In a recent migration, a customer had millions of SQL plan baselines. The customer performed a Full Transportable Export/Import, but the export of the SQL plan baselines took a lot of time. I suggested moving the SQL plan baselines the day before the downtime window.

But can you move SQL plan baselines into an empty database; before you move the data? Do SQL plan baselines care about the underlying schema objects the SQL accesses?

SQL Plan Baselines and Underlying Schema Objects

The optimizer matches a SQL statement with a SQL plan baseline using the signature of the SQL (see appendix). Originally, I thought that it was the SQL ID, but I was wrong:

SQL statements are matched to SQL plan baselines using the signature of the SQL statement. A signature is a unique SQL identifier generated from the normalized SQL text (uncased and with whitespaces removed).

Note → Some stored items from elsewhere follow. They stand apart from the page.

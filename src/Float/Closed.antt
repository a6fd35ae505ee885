-- ===== src/Float/Closed.antt =====
-- Sums and differences of values of the type `float` are values of that type.
use tabmo_codding_challenge.Common.{
  ℕ, ◌+◌, ◌-◌, ◌≤◌, ◌<◌, inl, inr, Bool, true, false, arith, leb, ltb, ◌==◌, Bool-cases,
  if◌then◌else◌,
}
use tabmo_codding_challenge.Float.{
  Float, nan, inf, fin, limit, xor, finish, add, add_fin, negate, sub,
}
use tabmo_codding_challenge.Float.Round.{round_ratio}
use tabmo_codding_challenge.Float.Round.Exact.{round_ratio-le}
use tabmo_codding_challenge.Float.Value.{IsFloat, round_ratio-IsFloat}
use tabmo_codding_challenge.Float.Stof.Floats.{zero-IsFloat}

finish-IsFloat : (sign : Bool) (num den : ℕ) → 0 < den → IsFloat (finish sign (round_ratio num den))
unfolding finish
finish-IsFloat sign num den positive = elim (Bool-cases (leb limit (round_ratio num den))) [
  | inl big ↦ rw (big, finish) tt
  | inr small ↦ rw (small, finish) (round_ratio-IsFloat sign num den positive (ground arith))
]

IsFloat-if : (b : Bool) (x y : Float) → IsFloat x → IsFloat y → IsFloat (if b then x else y)
IsFloat-if true x y f g = f
IsFloat-if false x y f g = g

-- A difference is no larger than what it is taken from.
less-IsFloat :
    (s : Bool) (m n : ℕ) → IsFloat (fin s m) → n ≤ m → IsFloat (fin s (round_ratio (m - n) 1))
less-IsFloat s m n (rep, bound) h =
    round_ratio-IsFloat s (m - n) 1 (omega arith)
      (omega (arith, round_ratio-le (m - n) m rep (omega arith)))

add_fin-IsFloat :
    (s t : Bool) (m n : ℕ) → IsFloat (fin s m) → IsFloat (fin t n) → IsFloat (add_fin s m t n)
unfolding add_fin
add_fin-IsFloat s t m n f g = elim (Bool-cases (xor s t)) [
  | inr same ↦ rw (same, add_fin) (finish-IsFloat s (m + n) 1 (omega arith))
  | inl differ ↦ elim (Bool-cases (m == n)) [
    | inl e ↦ rw (differ, add_fin) (rw e (zero-IsFloat false))
    | inr ne ↦ elim (Bool-cases (ltb n m)) [
      | inl less ↦ rw (differ, add_fin) (rw (ne, less) (less-IsFloat s m n f (ground arith)))
      | inr more ↦ rw (differ, add_fin) (rw (ne, more) (less-IsFloat t n m g (ground arith)))
    ]
  ]
]

add-IsFloat : (x y : Float) → IsFloat x → IsFloat y → IsFloat (add x y)
unfolding add
add-IsFloat nan y f g = tt
add-IsFloat (inf s) nan f g = tt
add-IsFloat (inf s) (inf t) f g = IsFloat-if (xor s t) nan (inf s) tt tt
add-IsFloat (inf s) (fin t n) f g = tt
add-IsFloat (fin s m) nan f g = tt
add-IsFloat (fin s m) (inf t) f g = tt
add-IsFloat (fin s m) (fin t n) f g = add_fin-IsFloat s t m n f g

negate-IsFloat : (x : Float) → IsFloat x → IsFloat (negate x)
unfolding negate
negate-IsFloat nan f = tt
negate-IsFloat (inf s) f = tt
negate-IsFloat (fin s m) f = f

pub sub-IsFloat : (x y : Float) → IsFloat x → IsFloat y → IsFloat (sub x y)
unfolding sub
sub-IsFloat x y f g = add-IsFloat x (negate y) f (negate-IsFloat y g)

SQL Plan Management uses the signature only to match SQLs to SQL plan baselines. There is no reference to the underlying schema objects, which is evident since the same SQL from different schemas share the same signature.

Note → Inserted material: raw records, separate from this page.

-- ===== src/Campagne/Validation.antt =====
-- What the constructor of src/Campagne.cpp accepts.
use tabmo_codding_challenge.Common.Text.{Bytes, codes, ◌=s=◌, =s=_iff, is_empty}
use tabmo_codding_challenge.Common.Result.{ok-injective, ok, err, invalid_argument}
use tabmo_codding_challenge.Common.Int.{ℤ, pos}
use tabmo_codding_challenge.Common.{
  ℕ, ◌*◌, ◌≤◌, ◌<◌, ◌≡◌, ◌≢◌, ◌↔◌, ◌⊎◌, inl, inr, refl, sym, ◌∙◌, ◌^◌, true, false, List, [], ◌∷◌,
  arith, length, any, count_if, count_if-le, All,
}
use tabmo_codding_challenge.Float.{Float, nan, inf, fin, eq, le}
use tabmo_codding_challenge.Float.Stof.{stof}
use tabmo_codding_challenge.Float.Round.{round_ratio}
use tabmo_codding_challenge.Campagne.{
  Campagne, Filters, language, application, ifa, nought, budget_min, budget_max, price_min,
  price_max, is_valid_filter, has_common_filter, is_zero, lacks_mandatory, has_invalid_filter,
  is_out_of, construct,
}

-- A number of the range, or NaN.
abbrev pub IsNanOrWithin : ℕ → ℕ → Float → Type 0
IsNanOrWithin low high x =
    (x ≡ nan) ⊎ ((mag : ℕ) × (x ≡ fin false mag) × (low ≤ mag) × (mag ≤ high))

-- A known filter with a number of values that it admits.
abbrev IsFilter : Bytes × List Bytes → Type 0
IsFilter (key, values) =
    (1 ≤ length values)
    × (((key ≡ language) × (length values ≤ 10))
        ⊎ ((key ≡ application) × (length values ≤ 100))
        ⊎ ((key ≡ ifa) × (length values ≤ 100_000)))

-- What the comments and messages of the constructor ask of a campaign, except that they do not admit
-- NaN, and that the least price is the double 0.01, which is above the float 0.01.
pub record IsAccepted (c : Campagne) : Type 0 where
  named : c.id ≢ []
  linked : c.url ≢ []
  pub wide : c.width ≢ pos 0
  pub high : c.height ≢ pos 0
  pub included : All IsFilter c.filter_include
  pub excluded : All IsFilter c.filter_exclude
  disjoint : All (λ p. All (λ q. p.0 ≢ q.0) c.filter_exclude) c.filter_include
  pub funded : IsNanOrWithin budget_min budget_max c.budget
  pub priced : IsNanOrWithin price_min price_max c.bid_price

is_empty_iff : (s : Bytes) → (is_empty s ≡ false) ↔ (s ≢ [])
is_empty_iff [] = ground arith
is_empty_iff (x ∷ s) = ground arith

is_zero_iff : (n : ℤ) → (is_zero n ≡ false) ↔ (n ≢ pos 0)
unfolding is_zero
is_zero_iff n = ground arith

in_range_iff :
    (low high : ℕ) (x : Float)
    → 0 < low
    → ((eq x nought ≡ false) × (is_out_of low high x ≡ false)) ↔ IsNanOrWithin low high x
unfolding is_out_of le
in_range_iff low high nan h = ground arith
in_range_iff low high (inf s) h = ground arith
in_range_iff low high (fin true m) h = ground arith
in_range_iff low high (fin false m) h =
    (λ e. inr (m, refl, ground arith, ground arith), ground arith)

is_valid_filter_iff : (f : Bytes × List Bytes) → (is_valid_filter f ≡ true) ↔ IsFilter f
unfolding is_valid_filter
is_valid_filter_iff (key, values) =
    ground (arith, =s=_iff key language, =s=_iff key application, =s=_iff key ifa)

all_valid_iff : (fs : Filters) → (count_if is_valid_filter fs ≡ length fs) ↔ All IsFilter fs
all_valid_iff [] = ground arith
all_valid_iff (f ∷ fs) =
    ground (arith, is_valid_filter_iff f, all_valid_iff fs, count_if-le is_valid_filter fs)

no_key_iff :
    (key : Bytes) (fs : Filters) → (any (λ q. key =s= q.0) fs ≡ false) ↔ All (λ q. key ≢ q.0) fs
no_key_iff key [] = ground arith
no_key_iff key (f ∷ fs) = ground (arith, =s=_iff key f.0, no_key_iff key fs)

has_common_filter_iff :
    (included excluded : Filters)
    → (has_common_filter included excluded ≡ false)
      ↔ All (λ p. All (λ q. p.0 ≢ q.0) excluded) included
unfolding has_common_filter
has_common_filter_iff [] excluded = ground arith
has_common_filter_iff (p ∷ included) excluded =
    ground (arith, no_key_iff p.0 excluded, has_common_filter_iff included excluded)

-- The five tests, with what they read of the campaign left shut.
construct_tests :
    (c : Campagne)
    → (construct c ≡ ok c) ↔ (
        (lacks_mandatory c ≡ false)
        × (has_common_filter c.filter_include c.filter_exclude ≡ false)
        × (has_invalid_filter c ≡ false)
        × (is_out_of budget_min budget_max c.budget ≡ false)
        × (is_out_of price_min price_max c.bid_price ≡ false))
unfolding construct
construct_tests c = ground arith

has_invalid_filter_iff :
    (c : Campagne)
    → (has_invalid_filter c ≡ false)
      ↔ (All IsFilter c.filter_include × All IsFilter c.filter_exclude)
unfolding has_invalid_filter
has_invalid_filter_iff c =
    ground (arith, all_valid_iff c.filter_include, all_valid_iff c.filter_exclude)

lacks_mandatory_iff :
    (c : Campagne)
    → (lacks_mandatory c ≡ false) ↔ (
        (c.id ≢ [])
        × (eq c.budget nought ≡ false)
        × (eq c.bid_price nought ≡ false)
        × (c.width ≢ pos 0)
        × (c.height ≢ pos 0)
        × (c.url ≢ []))
unfolding lacks_mandatory
lacks_mandatory_iff c =
    ground (arith, is_empty_iff c.id, is_empty_iff c.url, is_zero_iff c.width, is_zero_iff c.height)

-- The constructor returns the campaign with the given fields exactly when the id and the url are not empty,
-- the sizes are not 0, each filter has a known name and as many values as it admits, no name is in
-- both maps, and the budget and the price are each in the range that the code tests or NaN. NaN is not
-- in the documented ranges, and the least price that the code tests is above the float 0.01.
pub construct_iff : (c : Campagne) → (construct c ≡ ok c) ↔ IsAccepted c
construct_iff c = (accepted, constructed)
  where
    accepted : construct c ≡ ok c → IsAccepted c
    accepted e =
        let (mandatory, common, filters, budget, price) = (construct_tests c).0 e in
        let (named, b, p, wide, high, linked) = (lacks_mandatory_iff c).0 mandatory in
        let (included, excluded) = (has_invalid_filter_iff c).0 filters in
        record {
          named = named;
          linked = linked;
          wide = wide;
          high = high;
          included = included;
          excluded = excluded;
          disjoint = (has_common_filter_iff c.filter_include c.filter_exclude).0 common;
          funded = (in_range_iff budget_min budget_max c.budget (omega arith)).0 (b, budget);
          priced = (in_range_iff price_min price_max c.bid_price (omega arith)).0 (p, price);
        }

    constructed : IsAccepted c → construct c ≡ ok c
    constructed a =
        let (b, budget) = (in_range_iff budget_min budget_max c.budget (omega arith)).1 a.funded in
        let (p, price) = (in_range_iff price_min price_max c.bid_price (omega arith)).1 a.priced in
        (construct_tests c).1 (
          (lacks_mandatory_iff c).1 (a.named, b, p, a.wide, a.high, a.linked),
          (has_common_filter_iff c.filter_include c.filter_exclude).1 a.disjoint,
          (has_invalid_filter_iff c).1 (a.included, a.excluded),
          budget,
          price,
        )

-- The constructor returns the campaign with the given fields or throws `invalid_argument`.
pub construct_outcome : (c : Campagne) → (construct c ≡ ok c) ⊎ (construct c ≡ err invalid_argument)
unfolding construct
construct_outcome c = ground arith

-- The `float` nearest to 0.01, in units.
abbrev cent : ℕ
cent = 10_737_418 * 2 ^ 119

stof-001 : stof (codes "0.01") ≡ ok (fin false cent)
unfolding stof round_ratio
stof-001 = refl

-- A campaign whose bid price is what `stof` reads from the text 0.01 is refused with
-- `invalid_argument`, whatever its other fields are.
pub price-001_refused :
    (c : Campagne) → stof (codes "0.01") ≡ ok c.bid_price → construct c ≡ err invalid_argument
price-001_refused c e = elim (construct_outcome c) [
  | inl built ↦ absurd (too_low c.bid_price (ok-injective (sym stof-001 ∙ e)) (priced built))
  | inr thrown ↦ thrown
]
  where
    priced : construct c ≡ ok c → IsNanOrWithin price_min price_max c.bid_price
    priced built = ((construct_iff c).0 built).priced

    too_low : (x : Float) → fin false cent ≡ x → ¬ (IsNanOrWithin price_min price_max x)
    too_low x e' within = ground arith

-- A campaign that the constructor accepts is accepted with NaN for its budget too.
pub nan_accepted :
    (c : Campagne)
    → construct c ≡ ok c
    → construct (record c { budget = nan }) ≡ ok (record c { budget = nan })
nan_accepted c e =
    let a = (construct_iff c).0 e in
    (construct_iff (record c { budget = nan })).1 (record {
      named = a.named;
      linked = a.linked;
      wide = a.wide;
      high = a.high;
      included = a.included;
      excluded = a.excluded;
      disjoint = a.disjoint;
      funded = inl refl;
      priced = a.priced;
    })
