-- ===== src/Merkle/Split.antt =====
-- `_split`: the largest power of two strictly less than a number.
use blindrange.Prelude.{
  ℕ, zero, suc, ◌+◌, ◌*◌, ◌∙◌, ap, two_pow_lt, two_pow_le, ◌^◌, ◌≤◌, ◌<◌, ◌≡◌, Bool-cases, inl, inr,
  ltb, arith, two_pow_suc, two_pow_pos,
}
use blindrange.Merkle.{split_loop, split}

-- From a power of two below `n`, with rounds enough to double it past `n`.
loop_lem :
    (f j n : ℕ)
    → 2 ^ j < n
    → n ≤ 2 ^ j + f
    → (i : ℕ) × (split_loop f (2 ^ j) n ≡ 2 ^ i) × (2 ^ i < n) × (n ≤ 2 * 2 ^ i)
unfolding split_loop
loop_lem zero j n low high = absurd (omega arith)
loop_lem (suc f) j n low high = elim (Bool-cases (ltb (2 ^ j * 2) n)) [
  | inl more ↦
      let e : 2 ^ suc j ≡ 2 ^ j * 2 = omega (arith, two_pow_suc j) in
      let (i, p, q, r) =
        loop_lem f (suc j) n (ground (arith, e)) (ground (arith, e, two_pow_pos j)) in
      (i, rw (more, ← e) p, q, r)
  | inr done ↦ (j, rw done, low, ground arith)
]

-- For n of at least two, `_split n` is a power of two k with k < n ≤ 2 * k.
pub split_lem : (n : ℕ) → 2 ≤ n → (i : ℕ) × (split n ≡ 2 ^ i) × (2 ^ i < n) × (n ≤ 2 * 2 ^ i)
unfolding split
split_lem n h = loop_lem n 0 n (omega arith) (omega arith)

-- The first half of 2 ^ (j + 1) leaves is 2 ^ j of them.
pub split-two_pow : (j : ℕ) → split (2 ^ suc j) ≡ 2 ^ j
split-two_pow j =
    let (i, e, low, high) = split_lem (2 ^ suc j) (omega (arith, two_pow_suc j, two_pow_pos j)) in
    let a = two_pow_lt i (suc j) low in
    let b = two_pow_le (suc j) (suc i) (omega (arith, high, two_pow_suc i)) in
    let same : i ≡ j = omega (arith, a, b) in e ∙ ap (λ (t : ℕ). 2 ^ t) same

The conclusion is that importing SQL plan baselines into an empty database is safe before you move the data.

Empty Database and Plan Evolution

But there is a catch. You don’t want plan evolution to happen in a database with no data.

Plan evolution is the process that validates whether a plan performs better than existing ones and, if so, marks the plans as accepted. This can have undesired side effects in an empty database.

There are two ways to avoid this:

  • Disable the SPM Evolve Advisor Task:

    BEGIN
       DBMS_SPM.SET_EVOLVE_TASK_PARAMETER(
          task_name => 'SYS_AUTO_SPM_EVOLVE_TASK',
          parameter => 'ALTERNATE_PLAN_BASELINE',
          value => '');
       DBMS_SPM.SET_EVOLVE_TASK_PARAMETER(
          task_name => 'SYS_AUTO_SPM_EVOLVE_TASK',
          parameter => 'ALTERNATE_PLAN_SOURCE',
          value => '');
    END;
    /   
    
  • Don’t allow plans to auto-evolve using the accept_plans parameter:

    BEGIN
       DBMS_SPM.SET_EVOLVE_TASK_PARAMETER(
          task_name => 'SYS_AUTO_SPM_EVOLVE_TASK' ,
          parameter => 'ACCEPT_PLANS',
          value => 'FALSE');
    END;
    /
    

How to Migrate SQL Plan Baselines

DBMS_SPM

The easiest way you can move SQL plan baselines is using DBMS_SPM. You can find a good example of using it in the documentation.

Data Pump

Data Pump exports SQL plan baselines as part of the SQL Management Base (SMB). Data Pump includes the SMB as part of a full export only. To export the SMB only:

expdp ... full=y include=SMB

Please note that the SMB includes the following as well:

  • SQL Profiles
  • SQL Patches
  • SQL Plan Directives

How to Exclude SQL Plan Baselines

If you migrate SQL plan baselines in advance, you should exclude them from the production migration. As described above, the SQL plan baselines are part of the SQL Management Base. You exclude it using:

expdp ... exclude=SMB

That will exclude the items below. Depending on how you move the SQL plan baselines and if you need the other items in the target database, you might need to move these items manually:

  • SQL Profiles You can move SQL Profiles using DBMS_SQLTUNE.
  • SQL Patches You can move SQL Patches using DBM_SQLDIAG.
  • SQL Plan Directives You can move SQL plan directives using DBMS_SPD. Only relevant if you use Adaptive Statistics.

Appendix

SQL Signature

The signature of an SQL is:

A numeric hash value computed using a SQL statement text that has been normalized for case insensitivity and white space. It uniquely identifies a SQL statement. The database uses this signature as a key to maintain SQL management objects such as SQL profiles, SQL plan baselines, and SQL patches.

Let me use an example. If you have the following SQL text:

select * from dual

The signature is:

14103420975540283355

There is a function that calculates the signature from the SQL text:

col signature format 99999999999999999999999
select dbms_sqltune.sqltext_to_signature ('select * from dual') as signature from dual;

Acknowledgment

Thanks to Nigel Bayliss, optimizer product manager, for valuable assistance.